# Make sense of norm notations and why is $\int_\Omega \nabla\theta\cdot\nabla\theta_t \ d\mathbf{x} = \frac{1}{2}\frac{d}{dt}|\theta|_1^2$?

I have the heat equation

\begin{align} \dot{u}(x,t) -\Delta u(x,t) = f(x,t),& \quad x\in\Omega\subset\mathbb{R}^2 \\ u(x,t) = 0, & \quad x\in\Gamma = \partial\Omega, 0

In my book there is a proof about a stability estimate. In one of the lines they state that

$$a(u,u_t)=\int_\Omega \nabla u\cdot\nabla u_t \ d\mathbf{x} = \frac{1}{2}\frac{d}{dt}|u|_1^2.$$

How does the last equality follow? Need help getting through the arithmetic there.

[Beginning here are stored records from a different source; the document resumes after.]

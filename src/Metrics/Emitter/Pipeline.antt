-- ===== src/Metrics/Emitter/Pipeline.antt =====
-- What becomes of the events: from the emitter over the queue into the store.
use tengen.Prelude.{
  ℕ, ◌+◌, String, Bool, false, ◌&&◌, Option, some, List, [], ◌∷◌, ◌++◌, ◌≡◌, refl, ap, ◌⊎◌,
  if◌then◌else◌, ◌==◌, arith, map,
}
use tengen.Metrics.Store.Keys.{Key}
use tengen.Metrics.Store.{Bucket, MetricsStore, count, bucket_of, drain}
use tengen.Metrics.Store.Targets.{event_of}
use tengen.Value.{Fields, get, Value, get?, is_text, obj}
use tengen.Metrics.Emitter.{
  MetricsEmitter, absent, opened, emit, message, emit_all, Value, first_fault, obj, data_or_empty,
}
use tengen.Metrics.Store.{Bucket}
use tengen.Metrics.Store.Counting.{drain-counts, counts, tally, names}

-- The events that count in a counter under a key
abbrev pub event_counts : Bucket → Key → String × Option Fields → Bool
event_counts b k (event, fields) = event == event_of b && names b k (obj (data_or_empty fields))

abbrev pub event_tally : Bucket → Key → List (String × Option Fields) → ℕ
event_tally b k [] = 0
event_tally b k (e ∷ es) = (if event_counts b k e then 1 else 0) + event_tally b k es

module _ (now : String) where
  -- An event is sent last and the emitter is connected, or it is dropped with the connection.
  pub emit-settles :
      (event : String) (fields : Option Fields) (m : MetricsEmitter)
      → ((emit now event fields m).sent ≡ m.sent ++ message now event fields ∷ [])
          × ((emit now event fields m).connection ≡ opened)
          × ((emit now event fields m).channel ≡ opened)
        ⊎ ((emit now event fields m).sent ≡ m.sent)
          × ((emit now event fields m).connection ≡ absent)
          × ((emit now event fields m).channel ≡ absent)
  unfolding emit
  emit-settles event fields m = ground arith

  -- When the broker accepts the next connection and the next publication, an event is sent, in
  -- whatever state the emitter is.
  pub emit-sent :
      (event : String) (fields : Option Fields) (m : MetricsEmitter)
      → first_fault m.connection_faults ≡ false
      → first_fault m.publish_faults ≡ false
      → (emit now event fields m).sent ≡ m.sent ++ message now event fields ∷ []
  unfolding emit
  emit-sent event fields m h k = ground arith

  -- What is taken from the queue counts as it was emitted.
  message-counts :
      (b : Bucket) (k : Key) (event : String) (fields : Option Fields)
      → counts b k (some (message now event fields)) ≡ event_counts b k (event, fields)
  unfolding get get? is_text
  message-counts b k event fields = refl

  abbrev IsCalm : MetricsEmitter → Type 0
  IsCalm m = (m.connection_faults ≡ []) × (m.publish_faults ≡ [])

  emit-IsCalm :
      (event : String) (fields : Option Fields) (m : MetricsEmitter)
      → IsCalm m
      → IsCalm (emit now event fields m)
  unfolding emit
  emit-IsCalm event fields m h = ground arith

  tally-append :
      (b : Bucket) (k : Key) (xs ys : List (Option Value))
      → tally b k (xs ++ ys) ≡ tally b k xs + tally b k ys
  tally-append b k [] ys = omega arith
  tally-append b k (x ∷ xs) ys = omega (arith, tally-append b k xs ys)

  map-append : (xs ys : List Value) → map some (xs ++ ys) ≡ map some xs ++ map some ys
  map-append [] ys = refl
  map-append (x ∷ xs) ys = ap (λ l. some x ∷ l) (map-append xs ys)

  emit_all-tally :
      (b : Bucket) (k : Key) (es : List (String × Option Fields)) (m : MetricsEmitter)
      → IsCalm m
      → tally b k (map some (emit_all now es m).sent)
        ≡ tally b k (map some m.sent) + event_tally b k es
  unfolding emit_all
  emit_all-tally b k [] m h = omega arith
  emit_all-tally b k ((event, fields) ∷ es) m h =
      rw
        (
          emit_all-tally b k es (emit now event fields m) (emit-IsCalm event fields m h),
          emit-sent event fields m (rw h.0 refl) (rw h.1 refl),
          map-append m.sent (message now event fields ∷ []),
          tally-append b k (map some m.sent) (some (message now event fields) ∷ []),
          message-counts b k event fields,
        )
        (omega arith)

  -- With a broker that raises nothing, every event that is emitted is counted once by the consumer
  -- that drains the queue, in the counter and under the key that it names.
  pub drain-emit_all :
      (b : Bucket) (k : Key) (es : List (String × Option Fields)) (m : MetricsEmitter)
      (s : MetricsStore)
      → m.sent ≡ []
      → IsCalm m
      → count k (bucket_of b (drain (map some (emit_all now es m).sent) s).1)
        ≡ count k (bucket_of b s) + event_tally b k es
  drain-emit_all b k es m s e h =
      rw (drain-counts b k (map some (emit_all now es m).sent) s, emit_all-tally b k es m h, e)
        (omega arith)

What does the sub-index $$1$$ mean in the absolute value?

Attempt:

$$\int_\Omega \nabla\theta\cdot\nabla\theta_t \ dx = \int_\Omega\nabla\theta\cdot \nabla\left(\frac{d}{dt}\theta\right) \ dx$$

$$=\int_\Omega \nabla\theta\cdot\frac{d}{dt}\nabla\theta \ dx =\frac{1}{2}\frac{d}{dt}\int_\Omega(\nabla\theta)^2 \ dx =\frac{1}{2}\frac{d}{dt}||\nabla\theta||^2.$$

But why does the book have $$\frac{1}{2}\frac{d}{dt}|\theta|_1^2$$ instead?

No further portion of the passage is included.